Aim of the task:
Return the records exactly, from the first line through the "unfolding lines_of line_of drop_line" line.

Extracted information:
-- ===== src/Unlit/Script.antt =====
-- utils/unlit/unlit.c: the lines of a script, and the lines of code that `unlit` copies as they are.
use mathlib.Core.Path.{subst}
use mathlib.Core.Bool.{true≢false}
use ghc_xapp_fix.Prelude.{
  ℕ, zero, suc, ◌+◌, ◌-◌, ◌%◌, ◌≤◌, ◌<◌, ◌≡◌, ◌≢◌, refl, ap, sym, ◌∙◌, true, false, Option, some,
  List, [], ◌∷◌, ◌++◌, ◌⊎◌, inl, inr, ◌==◌, if◌then◌else◌, length, All, starts_with, arith,
  Bool-cases, ◌>>=◌,
}
use ghc_xapp_fix.Unlit.{newline, tabpos, end_code, fgets, Copied, copy_code, shebang, Input}
use ghc_xapp_fix.Unlit.Tabs.{spaces, line_of, drop_line, expand, line_text}
use ghc_xapp_fix.Unlit.Lines.{line_kind}

-- The lines of a text, without their newlines; the last one may have none.
abbrev begin_with : ℕ → List (List ℕ) → List (List ℕ)
begin_with c [] = (c ∷ []) ∷ []
begin_with c (l ∷ ls) = (c ∷ l) ∷ ls

unfoldable pub lines_of : List ℕ → List (List ℕ)
lines_of [] = []
lines_of (c ∷ cs) = if c == newline then [] ∷ lines_of cs else begin_with c (lines_of cs)

unfoldable pub newlines : List ℕ → ℕ
newlines [] = 0
newlines (c ∷ cs) = (if c == newline then 1 else 0) + newlines cs

-- A line that is not `#` alone and no `#!` line, and fits into the buffer of `unlit`.
abbrev pub IsOrdinary : List ℕ → Type 0
IsOrdinary l = (expand 0 l ≢ b'#' ∷ []) × (line_kind (expand 0 l) ≢ shebang) × (length l < 999)

pub newlines-append : (xs ys : List ℕ) → newlines (xs ++ ys) ≡ newlines xs + newlines ys
unfolding newlines
newlines-append [] ys = omega arith
newlines-append (x ∷ xs) ys = omega (arith, newlines-append xs ys)

lines_of-first :
    (c : ℕ) (cs : List ℕ) → lines_of (c ∷ cs) ≡ line_of (c ∷ cs) ∷ lines_of (drop_line (c ∷ cs))
unfolding lines_of line_of drop_line
lines_of-first c [] = elim (Bool-cases (c == newline)) [ inl e ↦ rw e refl | inr e ↦ rw e refl ]
lines_of-first c (d ∷ cs) = elim (Bool-cases (c == newline)) [
  | inl e ↦ rw e refl
  | inr e ↦ rw (e, lines_of-first d cs) refl
]

pub lines_of_lem : (cs : List ℕ) → cs ≢ [] → lines_of cs ≡ line_of cs ∷ lines_of (drop_line cs)
lines_of_lem [] ne = absurd (ne refl)
lines_of_lem (c ∷ cs) ne = lines_of-first c cs

newlines-spaces : (n : ℕ) → newlines (spaces n) ≡ 0
unfolding newlines spaces
newlines-spaces zero = refl
newlines-spaces (suc n) = omega (arith, newlines-spaces n)

-- Expanding tabs makes no newlines.
newlines-expand : (col : ℕ) (cs : List ℕ) → newlines (expand col (line_of cs)) ≡ 0
unfolding newlines expand line_of
newlines-expand col [] = refl
newlines-expand col (c ∷ cs) = elim (Bool-cases (c == newline)) [
  | inl e ↦ rw e refl
  | inr e ↦ elim (Bool-cases (c == 12)) [
    | inl ff ↦ rw (e, ff) (rw e (omega (arith, newlines-expand 0 cs)))
    | inr e' ↦ elim (Bool-cases (c == b'\t')) [
      | inl tab ↦
          let k = tabpos - col % tabpos in
          rw (e, e', tab)
            (newlines-append (spaces k) _
              ∙ omega (arith, newlines-spaces k, newlines-expand (col + k) cs))
      | inr e'' ↦ rw (e, e', e'') (rw e (omega (arith, newlines-expand (col + 1) cs)))
    ]
  ]
]

pub newlines-line_text : (s : Input) → newlines (line_text s) ≡ 0
unfolding line_text
newlines-line_text s =
    newlines-append (spaces s.spleft) _
    ∙ omega (arith, newlines-spaces s.spleft, newlines-expand (s.linepos + s.spleft) s.rest)

-- `fgets` on a line that fits
pub record Fetched (cs : List ℕ) (r : List ℕ × List ℕ) : Type 0 where
  pub rest : r.1 ≡ drop_line cs
  pub newline_read : (newlines r.0 ≡ 1) ⊎ (drop_line cs ≡ [])

fgets_lem : (n : ℕ) (cs : List ℕ) → length (line_of cs) < n → Fetched cs (fgets n cs)
unfolding fgets newlines line_of drop_line
fgets_lem zero cs h = absurd (omega arith)
fgets_lem (suc n) [] h = record { rest = refl; newline_read = inr refl }
fgets_lem (suc n) (c ∷ cs) h = elim (Bool-cases (c == newline)) [
  | inl e ↦ rw e (record { rest = rw e refl; newline_read = inl (rw e refl) })
  | inr e ↦
      let h' : suc (length (line_of cs)) < suc n = rw e at h in
      let r = fgets_lem n cs (omega arith) in
      rw e (record {
        rest = r.rest ∙ rw e refl;
        newline_read = elim r.newline_read [
          | inl one ↦ inl (rw e (omega (arith, one)))
          | inr last ↦ inr (rw e last)
        ];
      })
]

pub length-drop_line_le : (cs : List ℕ) → length (drop_line cs) ≤ length cs
unfolding drop_line
length-drop_line_le [] = omega arith
length-drop_line_le (c ∷ cs) = elim (Bool-cases (c == newline)) [
  | inl e ↦ rw e (omega arith)
  | inr e ↦ rw e (omega (arith, length-drop_line_le cs))
]

pub length-drop_line : (cs : List ℕ) → cs ≢ [] → length (drop_line cs) < length cs
unfolding drop_line
length-drop_line [] ne = absurd (ne refl)
length-drop_line (c ∷ cs) ne = elim (Bool-cases (c == newline)) [
  | inl e ↦ rw e (omega arith)
  | inr e ↦ rw e (omega (arith, length-drop_line_le cs))
]

-- What the loop after `\begin{code}` does: where it ends at `\end{code}`, it wrote a newline for
-- each line that it read.
pub record CopiesCode (cs : List ℕ) (r : Option Copied) : Type 0 where
  pub copied : Copied
  pub run : r ≡ some copied
  pub counts :
      copied.closed ≡ true
      → newlines copied.written + length (lines_of copied.rest) ≡ length (lines_of cs)
  pub ordinary : All IsOrdinary (lines_of copied.rest)
  pub size : length copied.rest ≤ length cs
  pub at_end : cs ≡ [] → copied.closed ≡ false

cons_ne : (c : ℕ) (cs : List ℕ) → c ∷ cs ≢ []
cons_ne c cs e = omega (arith, ap length e)

-- the first line of a script, and the others
pub lines_of-IsOrdinary :
    (cs : List ℕ)
    → cs ≢ []
    → All IsOrdinary (lines_of cs)
    → IsOrdinary (line_of cs) × All IsOrdinary (lines_of (drop_line cs))
lines_of-IsOrdinary cs ne h = subst (All IsOrdinary) (lines_of_lem cs ne) h

-- one line of code, with what comes after it
copy_code-line :
    (n : ℕ) (cs : List ℕ) (r : List ℕ × List ℕ) (more : Option Copied)
    → cs ≢ []
    → length (lines_of cs) ≡ suc (length (lines_of (drop_line cs)))
    → All IsOrdinary (lines_of (drop_line cs))
    → Fetched cs r
    → CopiesCode r.1 more
    → CopiesCode cs (
        if starts_with end_code r.0
        then some (record { closed = true; linesread = n + 1; written = newline ∷ []; rest = r.1 })
        else more >>= (λ m. some (record m { written = r.0 ++ m.written })))
unfolding newlines
copy_code-line n cs r more ne first fine got m =
    let same = ap (λ t. length (lines_of t)) got.rest in
    let less = length-drop_line cs ne in
    let left = ap length got.rest in
    elim (Bool-cases (starts_with end_code r.0)) [
      | inl last ↦ rw last (record {
        copied = record { closed = true; linesread = n + 1; written = newline ∷ []; rest = r.1 };
        run = refl;
        counts = λ _. omega (arith, same, first);
        ordinary = rw got.rest fine;
        size = omega (arith, less, left);
        at_end = λ e. absurd (ne e);
      })
      | inr going ↦
          rw (going, m.run)
            (record {
              copied = record m.copied { written = r.0 ++ m.copied.written };
              run = refl;
              counts = λ closed. elim got.newline_read [
                | inl one ↦
                    omega (
                      arith,
                      one,
                      same,
                      first,
                      m.counts closed,
                      newlines-append r.0 m.copied.written,
                    )
                | inr last ↦ absurd (true≢false (sym closed ∙ m.at_end (got.rest ∙ last)))
              ];
              ordinary = m.ordinary;
              size = omega (arith, less, left, m.size);
              at_end = λ e. absurd (ne e);
            })
    ]

shorter : (a b c fuel : ℕ) → a ≡ b → b < c → c < suc fuel → a < fuel
shorter a b c fuel e l h = omega arith

pub copy_code_lem :
    (fuel n : ℕ) (cs : List ℕ)
    → length cs < fuel
    → All IsOrdinary (lines_of cs)
    → CopiesCode cs (copy_code fuel n cs)
unfolding copy_code lines_of newlines
copy_code_lem zero n cs h fine = absurd (omega arith)
copy_code_lem (suc fuel) n [] h fine = record {
  copied = record { closed = false; linesread = n; written = []; rest = [] };
  run = refl;
  counts = λ e. absurd (true≢false (sym e));
  ordinary = tt;
  size = omega arith;
  at_end = λ _. refl;
}
copy_code_lem (suc fuel) n (c ∷ cs) h fine =
    let ne = cons_ne c cs in
    let r = fgets 999 (c ∷ cs) in
    let first = lines_of-IsOrdinary (c ∷ cs) ne fine in
    let got = fgets_lem 999 (c ∷ cs) first.0.2 in
    let less = length-drop_line (c ∷ cs) ne in
    let left = ap length got.rest in
    copy_code-line n (c ∷ cs) r (copy_code fuel (n + 1) r.1) ne
      (ap length (lines_of_lem (c ∷ cs) ne)) first.1 got
      (copy_code_lem fuel (n + 1) r.1 (shorter _ _ _ fuel left less h)
        (subst (λ t. All IsOrdinary (lines_of t)) (sym got.rest) first.1))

Response to the exercise:
-- ===== src/Unlit/Script.antt =====
-- utils/unlit/unlit.c: the lines of a script, and the lines of code that `unlit` copies as they are.
use mathlib.Core.Path.{subst}
use mathlib.Core.Bool.{true≢false}
use ghc_xapp_fix.Prelude.{
  ℕ, zero, suc, ◌+◌, ◌-◌, ◌%◌, ◌≤◌, ◌<◌, ◌≡◌, ◌≢◌, refl, ap, sym, ◌∙◌, true, false, Option, some,
  List, [], ◌∷◌, ◌++◌, ◌⊎◌, inl, inr, ◌==◌, if◌then◌else◌, length, All, starts_with, arith,
  Bool-cases, ◌>>=◌,
}
use ghc_xapp_fix.Unlit.{newline, tabpos, end_code, fgets, Copied, copy_code, shebang, Input}
use ghc_xapp_fix.Unlit.Tabs.{spaces, line_of, drop_line, expand, line_text}
use ghc_xapp_fix.Unlit.Lines.{line_kind}

-- The lines of a text, without their newlines; the last one may have none.
abbrev begin_with : ℕ → List (List ℕ) → List (List ℕ)
begin_with c [] = (c ∷ []) ∷ []
begin_with c (l ∷ ls) = (c ∷ l) ∷ ls

unfoldable pub lines_of : List ℕ → List (List ℕ)
lines_of [] = []
lines_of (c ∷ cs) = if c == newline then [] ∷ lines_of cs else begin_with c (lines_of cs)

unfoldable pub newlines : List ℕ → ℕ
newlines [] = 0
newlines (c ∷ cs) = (if c == newline then 1 else 0) + newlines cs

-- A line that is not `#` alone and no `#!` line, and fits into the buffer of `unlit`.
abbrev pub IsOrdinary : List ℕ → Type 0
IsOrdinary l = (expand 0 l ≢ b'#' ∷ []) × (line_kind (expand 0 l) ≢ shebang) × (length l < 999)

pub newlines-append : (xs ys : List ℕ) → newlines (xs ++ ys) ≡ newlines xs + newlines ys
unfolding newlines
newlines-append [] ys = omega arith
newlines-append (x ∷ xs) ys = omega (arith, newlines-append xs ys)

lines_of-first :
    (c : ℕ) (cs : List ℕ) → lines_of (c ∷ cs) ≡ line_of (c ∷ cs) ∷ lines_of (drop_line (c ∷ cs))
unfolding lines_of line_of drop_line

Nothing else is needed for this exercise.